Keep on ice. This is your buffer blank control. 2. Aliquot 24 µl of Rac1 Control Protein into a labeled microcentrifuge tube and dilute with 36 µl of Lysis Buffer

and 60 µl of cold Binding Buffer. Keep on ice. This is your positive control. 3. Take the Rac1 affinity plate out of its bag. Gently peel up the seal from the strips and pull out the number of

strips required. Place strips in the extra strip holder provided and place on ice. Immediately after removing the strips, place the rest of the plate back in the pouch with desiccant and place back in storage.

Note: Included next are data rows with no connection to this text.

-- ===== src/Event/Broker/Requests.antt =====
-- The requests of subscribers: the part of internal/event/broker.go that implements
-- `eventsvc.Provider`. A request that reads the clock more than once takes each reading.
use onvif_simulator.Prelude.{
  ℕ, String, Bool, false, ◌&&◌, ◌||◌, not, Option, none, some, List, [], if◌then◌else◌, ite,
  str_dec, str_eq,
}
use Prim.Native.String.{◌++◌}
use onvif_simulator.Prelude.Int.{ℤ, pos, ltb_ℤ, leb_ℤ}
use onvif_simulator.Prelude.Dict.{lookup, insert, delete}
use onvif_simulator.Event.Duration.{Parsed, parse_iso8601_duration}
use onvif_simulator.Event.Subscription.{
  Subscription, sub_kind_pull, sub_kind_push, NotificationMessage, drain,
}
use onvif_simulator.Event.Broker.{
  Broker, BrokerConfig, Result, ok, err, Go, is_expired, count_by_kind, reap, add_duration,
  max_pull_points_reached, max_notification_producers_reached, notification_producer_disabled,
  subscription_not_found, invalid_args, invalid_termination_time, no_random_source,
}

unfoldable pub require_sub : ℕ → String → Broker → Broker × Result Subscription
require_sub now id b = elim (lookup id b.subs) [
  | none ↦ (b, err subscription_not_found)
  | some s ↦
      if is_expired now s
      then (record b { subs = delete id b.subs }, err subscription_not_found)
      else (b, ok s)
]

pub record PullResult : Type 0 where
  pub termination_time : ℕ
  pub messages : List NotificationMessage

unfoldable pub pull_from : String → ℤ → Broker → Result Subscription → Broker × Result PullResult
pull_from id limit b (err e) = (b, err e)
pull_from id limit b (ok s) =
    let (msgs, s') = drain s limit in
    (
      record b { subs = insert id s' b.subs },
      ok (record { termination_time = s.termination_time; messages = msgs }),
    )

unfoldable pub pull_messages : ℕ → String → ℤ → Broker → Broker × Result PullResult
unfolding require_sub pull_from
pull_messages now id limit b =
    if ltb_ℤ limit (pos 0)
    then (b, err invalid_args)
    else let (b', r) = require_sub now id b in pull_from id limit b' r

unfoldable pub unit_result : Result Subscription → Result (Unit {0})
unit_result (ok s) = ok tt
unit_result (err e) = err e

unfoldable pub set_synchronization_point : ℕ → String → Broker → Broker × Result (Unit {0})
unfolding require_sub unit_result
set_synchronization_point now id b = let (b', r) = require_sub now id b in (b', unit_result r)

unfoldable pub unsubscribe : ℕ → String → Broker → Broker × Result (Unit {0})
unsubscribe now id b = elim (lookup id b.subs) [
  | none ↦ (b, err subscription_not_found)
  | some s ↦ (
    record b { subs = delete id b.subs },
    (if is_expired now s then err subscription_not_found else ok tt),
  )
]

-- What one request reads from its surroundings: the clock in `reapLocked`, in `time.Until` and for
-- the termination time, and the random identifier, `none` if the random source fails.
pub record Readings : Type 0 where
  pub at_reap : ℕ
  pub at_parse : ℕ
  pub now : ℕ
  pub fresh_id : Option String

pub record SubscriptionInfo : Type 0 where
  pub subscription_id : String
  pub current_time : ℕ
  pub termination_time : ℕ

pub record SubscribeParams : Type 0 where
  pub consumer_address : String
  pub consumer_reference_params : String
  pub filter : String
  pub initial_termination_time : String

abbrev pub subscription_manager_path : String
subscription_manager_path = "/onvif/subscription_manager"

unfoldable pub or_requested : ℤ → Parsed ℤ → Result ℤ
or_requested d (Parsed.err e) = err (invalid_termination_time e)
or_requested d (Parsed.ok t) = ok (if ltb_ℤ (pos 0) t then t else d)

module _ (go : Go) where
  -- The lifetime that a request gets: the one it asks for, if it is positive.
  unfoldable pub lifetime : ℕ → String → BrokerConfig → Result ℤ
  unfolding or_requested
  lifetime now text c =
      ite (str_dec text "") (ok c.subscription_timeout)
        (or_requested c.subscription_timeout (parse_iso8601_duration go.time now text))

  unfoldable pub subscription_addr : String → BrokerConfig → String
  subscription_addr id c =
      let base =
        ite (str_dec c.subscription_manager_addr "") subscription_manager_path
          c.subscription_manager_addr in
      elim (go.set_query_id base id) [ none ↦ base ++ ("?id=" ++ go.query_escape id) | some u ↦ u ]

  -- The common end of both ways to subscribe: the lifetime, the identifier and the new entry.
  unfoldable pub admit :
      Readings → String → (String → ℕ → Subscription) → Broker → Broker × Result SubscriptionInfo
  unfolding lifetime
  admit r text entry b = elim (lifetime r.at_parse text b.cfg) [
    | err e ↦ (b, err e)
    | ok d ↦ elim r.fresh_id [
      | none ↦ (b, err no_random_source)
      | some id ↦
          let end = add_duration r.now d in
          (
            record b { subs = insert id (entry id end) b.subs },
            ok (record { subscription_id = id; current_time = r.now; termination_time = end }),
          )
    ]
  ]

  unfoldable pub pull_entry : String → BrokerConfig → String → ℕ → Subscription
  unfolding subscription_addr
  pull_entry filter c id end = record {
    id = id;
    address = subscription_addr id c;
    filter = filter;
    termination_time = end;
    queue = [];
    kind = sub_kind_pull;
    consumer = record { address = ""; reference_params = "" };
    notify_failures = 0;
  }

  unfoldable pub create_pull_point_subscription :
      Readings → String → String → Broker → Broker × Result SubscriptionInfo
  unfolding admit pull_entry
  create_pull_point_subscription r filter text b =
      let b' = reap r.at_reap b in
      if leb_ℤ b'.cfg.max_pull_points (pos (count_by_kind sub_kind_pull b'))
      then (b', err max_pull_points_reached)
      else admit r text (pull_entry filter b'.cfg) b'

  unfoldable pub push_entry : SubscribeParams → BrokerConfig → String → ℕ → Subscription
  unfolding subscription_addr
  push_entry p c id end = record {
    id = id;
    address = subscription_addr id c;
    filter = p.filter;
    termination_time = end;
    queue = [];
    kind = sub_kind_push;
    consumer = record {
      address = p.consumer_address;
      reference_params = p.consumer_reference_params;
    };
    notify_failures = 0;
  }

  -- Subscribe's checks of the consumer address.
  unfoldable pub consumer_accepted : String → Bool
  consumer_accepted address = ite (str_dec address "") false (elim (go.parse_request_uri address) [
    | none ↦ false
    | some u ↦ not (str_eq u.host "") && (str_eq u.scheme "http" || str_eq u.scheme "https")
  ])

  unfoldable pub subscribe : Readings → SubscribeParams → Broker → Broker × Result SubscriptionInfo
  unfolding consumer_accepted admit push_entry
  subscribe r p b =
      if not (consumer_accepted p.consumer_address)
      then (b, err invalid_args)
      else if leb_ℤ b.cfg.max_notification_producers (pos 0)
      then (b, err notification_producer_disabled)
      else let b' = reap r.at_reap b in
        if leb_ℤ b'.cfg.max_notification_producers (pos (count_by_kind sub_kind_push b'))
        then (b', err max_notification_producers_reached)
        else admit r p.initial_termination_time (push_entry p b'.cfg) b'

  unfoldable pub renew_found :
      Readings → String → String → Broker → Result Subscription → Broker × Result ℕ
  unfolding lifetime
  renew_found r id text b (err e) = (b, err e)
  renew_found r id text b (ok s) = elim (lifetime r.at_parse text b.cfg) [
    | err e ↦ (b, err e)
    | ok d ↦
        let end = add_duration r.now d in
        (record b { subs = insert id (record s { termination_time = end }) b.subs }, ok end)
  ]

  -- The readings are those of `requireSub`, of `time.Until` and for the new end.
  unfoldable pub renew : Readings → String → String → Broker → Broker × Result ℕ
  unfolding require_sub renew_found
  renew r id text b = let (b', found) = require_sub r.at_reap id b in renew_found r id text b' found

NOTE: If you have not yet calibrated the luminometer as outlined in Section V, Sub-section K (Luminometer Settings), you should consider running the blank (Lysis Buffer only) and Rho Control Protein only in this assay. This will allow you to calibrate the luminometer before running your samples. 4. Dissolve the powder in the wells with 100 µl ice cold water. 5. Thaw the snap frozen cell lysates in a ROOM TEMPERATURE water bath. Immediately place on ice after

they have thawed.

6. Based on the calculation of equalization, add the required amount of ice cold Lysis Buffer to respective tubes to equalize all lysate concentrations.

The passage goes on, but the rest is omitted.